*** DATA SHOWN

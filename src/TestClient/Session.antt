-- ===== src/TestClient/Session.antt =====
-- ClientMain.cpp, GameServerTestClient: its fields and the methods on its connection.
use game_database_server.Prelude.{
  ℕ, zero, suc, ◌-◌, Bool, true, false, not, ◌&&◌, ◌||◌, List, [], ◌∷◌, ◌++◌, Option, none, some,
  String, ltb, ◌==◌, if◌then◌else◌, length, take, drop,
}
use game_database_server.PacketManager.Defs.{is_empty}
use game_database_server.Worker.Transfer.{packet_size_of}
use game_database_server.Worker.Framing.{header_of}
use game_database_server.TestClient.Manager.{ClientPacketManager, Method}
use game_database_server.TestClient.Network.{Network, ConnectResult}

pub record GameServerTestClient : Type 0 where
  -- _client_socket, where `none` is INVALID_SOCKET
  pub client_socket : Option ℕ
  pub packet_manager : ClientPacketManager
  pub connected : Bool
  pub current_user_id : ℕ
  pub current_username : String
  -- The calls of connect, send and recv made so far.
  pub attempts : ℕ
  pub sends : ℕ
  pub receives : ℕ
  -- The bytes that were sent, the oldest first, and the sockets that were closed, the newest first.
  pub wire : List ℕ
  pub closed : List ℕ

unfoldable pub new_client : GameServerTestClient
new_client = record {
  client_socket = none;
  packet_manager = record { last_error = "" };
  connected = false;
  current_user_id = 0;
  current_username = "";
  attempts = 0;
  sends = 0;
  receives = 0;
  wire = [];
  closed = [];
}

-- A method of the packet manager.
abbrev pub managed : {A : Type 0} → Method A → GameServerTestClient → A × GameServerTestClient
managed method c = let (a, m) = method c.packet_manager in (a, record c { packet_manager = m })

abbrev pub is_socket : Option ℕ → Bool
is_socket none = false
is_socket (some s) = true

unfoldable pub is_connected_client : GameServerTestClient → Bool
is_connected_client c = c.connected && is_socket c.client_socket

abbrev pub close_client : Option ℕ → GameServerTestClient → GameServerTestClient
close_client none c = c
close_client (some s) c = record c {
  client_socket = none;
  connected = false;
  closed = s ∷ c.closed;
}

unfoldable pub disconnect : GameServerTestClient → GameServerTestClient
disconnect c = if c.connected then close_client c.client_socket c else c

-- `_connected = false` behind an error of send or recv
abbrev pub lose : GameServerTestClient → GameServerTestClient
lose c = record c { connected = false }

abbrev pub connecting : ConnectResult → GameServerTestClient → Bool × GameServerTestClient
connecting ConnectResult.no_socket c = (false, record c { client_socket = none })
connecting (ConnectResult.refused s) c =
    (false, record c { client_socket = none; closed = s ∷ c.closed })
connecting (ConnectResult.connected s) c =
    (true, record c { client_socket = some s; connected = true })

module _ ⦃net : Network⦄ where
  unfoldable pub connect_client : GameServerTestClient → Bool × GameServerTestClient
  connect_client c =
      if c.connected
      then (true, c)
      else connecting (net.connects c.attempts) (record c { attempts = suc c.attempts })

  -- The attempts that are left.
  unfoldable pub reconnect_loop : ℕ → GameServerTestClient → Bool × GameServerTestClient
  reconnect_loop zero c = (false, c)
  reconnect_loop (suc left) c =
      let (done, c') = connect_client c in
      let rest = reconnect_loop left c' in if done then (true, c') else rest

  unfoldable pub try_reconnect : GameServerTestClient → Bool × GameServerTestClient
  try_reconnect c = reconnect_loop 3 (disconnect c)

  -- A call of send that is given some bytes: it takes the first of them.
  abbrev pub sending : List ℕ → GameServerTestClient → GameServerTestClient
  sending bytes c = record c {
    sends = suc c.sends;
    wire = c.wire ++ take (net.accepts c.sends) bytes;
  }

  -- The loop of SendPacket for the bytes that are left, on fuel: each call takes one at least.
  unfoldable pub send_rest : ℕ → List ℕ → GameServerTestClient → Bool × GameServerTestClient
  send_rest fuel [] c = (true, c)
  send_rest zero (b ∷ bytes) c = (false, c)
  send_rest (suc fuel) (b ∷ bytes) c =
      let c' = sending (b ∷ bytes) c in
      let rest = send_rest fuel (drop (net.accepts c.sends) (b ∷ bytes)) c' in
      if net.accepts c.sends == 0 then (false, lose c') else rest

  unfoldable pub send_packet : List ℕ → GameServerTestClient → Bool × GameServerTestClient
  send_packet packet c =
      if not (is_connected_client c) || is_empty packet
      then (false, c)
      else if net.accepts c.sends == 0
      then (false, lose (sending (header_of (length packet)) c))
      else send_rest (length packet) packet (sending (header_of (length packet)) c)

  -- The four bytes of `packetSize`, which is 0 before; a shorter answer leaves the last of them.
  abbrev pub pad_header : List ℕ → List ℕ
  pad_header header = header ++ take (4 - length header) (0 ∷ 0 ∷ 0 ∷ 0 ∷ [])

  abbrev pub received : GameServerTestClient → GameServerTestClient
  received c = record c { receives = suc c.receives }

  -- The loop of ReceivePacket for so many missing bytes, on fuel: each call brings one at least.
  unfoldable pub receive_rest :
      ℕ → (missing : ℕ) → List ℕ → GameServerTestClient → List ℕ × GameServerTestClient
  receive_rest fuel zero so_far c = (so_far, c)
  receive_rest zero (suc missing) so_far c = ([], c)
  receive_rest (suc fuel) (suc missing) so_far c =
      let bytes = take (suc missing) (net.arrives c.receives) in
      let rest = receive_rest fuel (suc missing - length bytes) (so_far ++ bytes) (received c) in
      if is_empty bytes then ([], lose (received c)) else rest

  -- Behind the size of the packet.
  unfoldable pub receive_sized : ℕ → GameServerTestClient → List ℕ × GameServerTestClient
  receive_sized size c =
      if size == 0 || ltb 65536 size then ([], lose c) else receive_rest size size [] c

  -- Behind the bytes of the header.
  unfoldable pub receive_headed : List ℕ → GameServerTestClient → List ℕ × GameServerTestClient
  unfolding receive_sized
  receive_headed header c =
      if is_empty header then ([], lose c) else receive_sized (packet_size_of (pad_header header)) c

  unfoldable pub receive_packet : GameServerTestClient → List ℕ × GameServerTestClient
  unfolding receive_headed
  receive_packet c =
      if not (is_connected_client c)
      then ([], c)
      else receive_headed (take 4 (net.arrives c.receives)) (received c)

******

> **PROMPT**:
Set down the lines of the listing above verbatim, first line through the line containing "pub current_username : String", inclusive; add no other lines.

> **RESPONSE TO THIS EXERCISE**:
filename src/TestClient/Session.antt
-- ===== src/TestClient/Session.antt =====
-- ClientMain.cpp, GameServerTestClient: its fields and the methods on its connection.
use game_database_server.Prelude.{
  ℕ, zero, suc, ◌-◌, Bool, true, false, not, ◌&&◌, ◌||◌, List, [], ◌∷◌, ◌++◌, Option, none, some,
  String, ltb, ◌==◌, if◌then◌else◌, length, take, drop,
}
use game_database_server.PacketManager.Defs.{is_empty}
use game_database_server.Worker.Transfer.{packet_size_of}
use game_database_server.Worker.Framing.{header_of}
use game_database_server.TestClient.Manager.{ClientPacketManager, Method}
use game_database_server.TestClient.Network.{Network, ConnectResult}

pub record GameServerTestClient : Type 0 where
  -- _client_socket, where `none` is INVALID_SOCKET
  pub client_socket : Option ℕ
  pub packet_manager : ClientPacketManager
  pub connected : Bool
  pub current_user_id : ℕ
  pub current_username : String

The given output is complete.